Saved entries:
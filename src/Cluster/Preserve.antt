-- ===== src/Cluster/Preserve.antt =====
-- Every event of the cluster keeps the invariant.
use mini_lsm.Prelude.{
  ℕ, ◌+◌, ◌<◌, ◌≡◌, ◌≢◌, refl, sym, ◌∙◌, ap, subst, inl, inr, false, List, [], ◌∷◌, arith,
  Bool-cases, All, All-append, All-imp, ◌==◌, if◌then◌else◌, eq_of_beq, u64,
}
use mini_lsm.Raft.Messages.{NodeId, Message, LogEntry}
use mini_lsm.Raft.State.{Raft, init}
use mini_lsm.Raft.HardState.{HardState, hard, propose-ballot}
use mini_lsm.Raft.Outbox.{OnGrant-imp, Queues-none, silent}
use mini_lsm.Raft.Outbox.Moves.{step-Queues, tick-Queues}
use mini_lsm.Raft.Standing.{Standing-imp, Claims}
use mini_lsm.Raft.Standing.Steps.{step-IsStanding, tick-IsStanding}
use mini_lsm.Raft.Core.{tick, step, propose, take_committed, take_messages, restore}
use mini_lsm.Cluster.{
  Setup, IsMember, Cluster, InNetwork, moved, stored, flushed, restarted, clean, revived, Step,
  ticks, delivers, proposes, applies, saves, sends, restarts, start, Reach, here, next,
}
use mini_lsm.Cluster.History.{Votes, Agrees, Grows}
use mini_lsm.Cluster.Invariant.{Voted, IsSound, Carried, IsSafe, member-ne-zero, moved-IsSafe}

pub All-InNetwork {κ} :
    (P : Message → Type κ) (m : Message) (ms : List Message) → InNetwork m ms → All P ms → P m
All-InNetwork P m [] k h = elim k [ ]
All-InNetwork P m (x ∷ xs) (inl e) h = subst P (sym e) h.0
All-InNetwork P m (x ∷ xs) (inr k) h = All-InNetwork P m xs k h.1

module _ (s : Setup) (c : Cluster) (safe : IsSafe s c) where
  ticks-IsSafe :
      (i : NodeId)
      → IsMember s i
      → (c.nodes i).current_term + 1 < u64
      → IsSafe s (moved c i (tick (c.nodes i)))
  ticks-IsSafe i m lt =
      let g = safe.nodes i m in
      moved-IsSafe s c i _ m (tick-Queues (c.nodes i) lt)
        (tick-IsStanding (Voted c.saved_votes i) (c.nodes i) (rw g.config m) g.standing) safe

  delivers-IsSafe :
      (m : Message)
      → IsMember s m.to
      → InNetwork m c.network
      → IsSafe s (moved c m.to (step m (c.nodes m.to)))
  delivers-IsSafe m mem sent =
      let g = safe.nodes m.to mem in
      let carried = All-InNetwork (Carried s c.saved_votes) m c.network sent safe.network in
      moved-IsSafe s c m.to _ mem (step-Queues m (c.nodes m.to) (member-ne-zero s m.from carried.0))
        (step-IsStanding (Voted c.saved_votes m.to) m (c.nodes m.to)
          (rw g.config (member-ne-zero s m.to mem))
          (rw g.config (OnGrant-imp m.type m.vote_granted _ _ (λ p. (carried.0, p.1)) carried.1))
          g.standing)
        safe

  proposes-IsSafe :
      (i : NodeId) (payload : List ℕ)
      → IsMember s i
      → IsSafe s (moved c i (propose payload (c.nodes i)).0)
  proposes-IsSafe i payload m =
      let same = propose-ballot payload (c.nodes i) in
      moved-IsSafe s c i _ m
        (Queues-none (silent (ground (arith, same)) (ground (arith, same)) (ground (arith, same))))
        (subst (Claims (Voted c.saved_votes i)) (sym same) (safe.nodes i m).standing) safe

  applies-IsSafe : (i : NodeId) → IsMember s i → IsSafe s (moved c i (take_committed (c.nodes i)).0)
  unfolding take_committed
  applies-IsSafe i m =
      moved-IsSafe s c i _ m (Queues-none (silent (ground arith) refl refl))
        (safe.nodes i m).standing safe

-- More saved votes keep what a node claims.
IsSound-more :
    (s : Setup) (sv sw : NodeId → Votes) (h : HardState) (u v : Votes) (i : NodeId) (r : Raft)
    → IsMember s i
    → ((w : NodeId) → Grows (sv w) (sw w))
    → IsSound s sv h u v i r
    → IsSound s sw h u v i r
IsSound-more s sv sw h u v i r m more g = record {
  config = g.config;
  agrees = g.agrees;
  kept = g.kept;
  grows = g.grows;
  clean = g.clean;
  outbox = g.outbox;
  standing =
      Standing-imp (Voted sv i) (Voted sw i) r.config r.role r.current_term r.voted_for
        r.votes_granted (λ w e. more w r.current_term (λ z. member-ne-zero s i m (sym e ∙ z)) ∙ e)
        g.standing;
}

clean-IsSound :
    (s : Setup) (sv : NodeId → Votes) (h : HardState) (u v : Votes) (i : NodeId) (r : Raft)
    → IsSound s sv h u v i r
    → IsSound s sv (if r.hard_state_dirty then hard r else h) v v i (clean r)
clean-IsSound s sv h u v i r g =
    let now : (if r.hard_state_dirty then hard r else h) ≡ hard r =
      elim (Bool-cases r.hard_state_dirty) [ inl d ↦ simp d | inr d ↦ simp d (g.clean d).0 ] in
    record {
      config = g.config;
      agrees = g.agrees;
      kept = subst (Agrees v) (sym now) g.agrees;
      grows = λ t ne. refl;
      clean = λ e. (now, λ t. refl);
      outbox = g.outbox;
      standing = g.standing;
    }

emptied-IsSound :
    (s : Setup) (sv : NodeId → Votes) (h : HardState) (u v : Votes) (i : NodeId) (r : Raft)
    → IsSound s sv h u v i r
    → IsSound s sv h u v i (record r { out_msgs = [] })
emptied-IsSound s sv h u v i r g = record {
  config = g.config;
  agrees = g.agrees;
  kept = g.kept;
  grows = g.grows;
  clean = g.clean;
  outbox = tt;
  standing = g.standing;
}

revived-IsSound :
    (s : Setup) (sv : NodeId → Votes) (h : HardState) (u : Votes) (i : NodeId)
    (entries : List LogEntry)
    → Agrees u h
    → IsSound s sv h u u i (revived s h entries i)
unfolding restore init
revived-IsSound s sv h u i entries k = record {
  config = refl;
  agrees = k;
  kept = k;
  grows = λ t ne. refl;
  clean = λ e. (refl, λ t. refl);
  outbox = tt;
  standing = tt;
}

module _ (s : Setup) (c : Cluster) (i : NodeId) (m : IsMember s i) (safe : IsSafe s c) where
  pub saves-Grows : (w : NodeId) → Grows (c.saved_votes w) ((stored c i).saved_votes w)
  saves-Grows w t ne = elim (Bool-cases (i == w)) [
    | inl e ↦ rw e (
        subst (λ k. c.saved_votes k t ≢ 0 → c.votes i t ≡ c.saved_votes k t) (eq_of_beq i w e)
          ((safe.nodes i m).grows t) ne)
    | inr e ↦ rw e refl
  ]

  saves-IsSafe : IsSafe s (stored c i)
  saves-IsSafe = record {
    nodes = λ j mj.
        IsSound-more s c.saved_votes _ _ _ _ j _ mj saves-Grows (elim (Bool-cases (i == j)) [
          | inl e ↦ rw e (
              subst
                (λ k.
                  IsSound s c.saved_votes
                    (if (c.nodes i).hard_state_dirty then hard (c.nodes i) else c.saved i)
                    (c.votes i) (c.votes k) k (clean (c.nodes i)))
                (eq_of_beq i j e)
                (clean-IsSound s c.saved_votes _ _ _ i (c.nodes i) (safe.nodes i m)))
          | inr e ↦ rw e (safe.nodes j mj)
        ]);
    network =
        All-imp _ _ c.network
          (λ x h. (
            h.0,
            OnGrant-imp x.type x.vote_granted _ _
                (λ p. (p.0, saves-Grows x.from x.term (λ z. p.0 (sym p.1 ∙ z)) ∙ p.1)) h.1,
          ))
          safe.network;
  }

  -- What a node sends rests on its saved votes, since its flag is off.
  sent-Carried :
      (c.nodes i).hard_state_dirty ≡ false → All (Carried s c.saved_votes) (c.nodes i).out_msgs
  sent-Carried d =
      let g = safe.nodes i m in
      let same = (g.clean d).1 in
      All-imp _ _ (c.nodes i).out_msgs
        (λ x h. (
          rw h.0 m,
          OnGrant-imp x.type x.vote_granted _ _
              (λ p. (p.0, ap (λ k. c.saved_votes k x.term) h.0 ∙ same x.term ∙ p.1)) h.1,
        ))
        g.outbox

  sends-IsSafe : (c.nodes i).hard_state_dirty ≡ false → IsSafe s (flushed c i)
  unfolding take_messages
  sends-IsSafe d = record {
    nodes = λ j mj. elim (Bool-cases (i == j)) [
      | inl e ↦ rw e (
          subst
            (λ k.
              IsSound s c.saved_votes (c.saved k) (c.saved_votes k) (c.votes k) k
                (record (c.nodes i) { out_msgs = [] }))
            (eq_of_beq i j e)
            (emptied-IsSound s c.saved_votes _ _ _ i (c.nodes i) (safe.nodes i m)))
      | inr e ↦ rw e (safe.nodes j mj)
    ];
    network = All-append _ (c.nodes i).out_msgs c.network (sent-Carried d) safe.network;
  }

  restarts-IsSafe : (entries : List LogEntry) → IsSafe s (restarted s c i entries)
  unfolding restore init
  restarts-IsSafe entries = record {
    nodes = λ j mj. elim (Bool-cases (i == j)) [
      | inl e ↦ rw e (
          subst
            (λ k.
              IsSound s c.saved_votes (c.saved k) (c.saved_votes k) (c.saved_votes i) k
                (revived s (c.saved i) entries i))
            (eq_of_beq i j e)
            (revived-IsSound s c.saved_votes (c.saved i) _ i entries (safe.nodes i m).kept))
      | inr e ↦ rw e (safe.nodes j mj)
    ];
    network = safe.network;
  }

start-IsSafe : (s : Setup) → IsSafe s (start s)
unfolding init
start-IsSafe s = record {
  nodes = λ i m. record {
    config = refl;
    agrees = record { present = refl; future = λ t lt. refl };
    kept = record { present = refl; future = λ t lt. refl };
    grows = λ t ne. refl;
    clean = λ e. (refl, λ t. refl);
    outbox = tt;
    standing = tt;
  };
  network = tt;
}

pub Step-IsSafe : {s : Setup} {c d : Cluster} → Step s c d → IsSafe s c → IsSafe s d
Step-IsSafe {s} {c} (ticks i m lt) g = ticks-IsSafe s c g i m lt
Step-IsSafe {s} {c} (delivers m mem sent) g = delivers-IsSafe s c g m mem sent
Step-IsSafe {s} {c} (proposes i payload m) g = proposes-IsSafe s c g i payload m
Step-IsSafe {s} {c} (applies i m) g = applies-IsSafe s c g i m
Step-IsSafe {s} {c} (saves i m) g = saves-IsSafe s c i m g
Step-IsSafe {s} {c} (sends i m d) g = sends-IsSafe s c i m g d
Step-IsSafe {s} {c} (restarts i entries m) g = restarts-IsSafe s c i m g entries

pub Reach-IsSafe : {s : Setup} {c : Cluster} → Reach s c → IsSafe s c
Reach-IsSafe {s} here = start-IsSafe s
Reach-IsSafe (next r st) = Step-IsSafe st (Reach-IsSafe r)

How to complete this task –
With "stored" as the string to match, show every line of the entries above that has it.

Answer to this exercise –
  Setup, IsMember, Cluster, InNetwork, moved, stored, flushed, restarted, clean, revived, Step,
  pub saves-Grows : (w : NodeId) → Grows (c.saved_votes w) ((stored c i).saved_votes w)
  saves-IsSafe : IsSafe s (stored c i)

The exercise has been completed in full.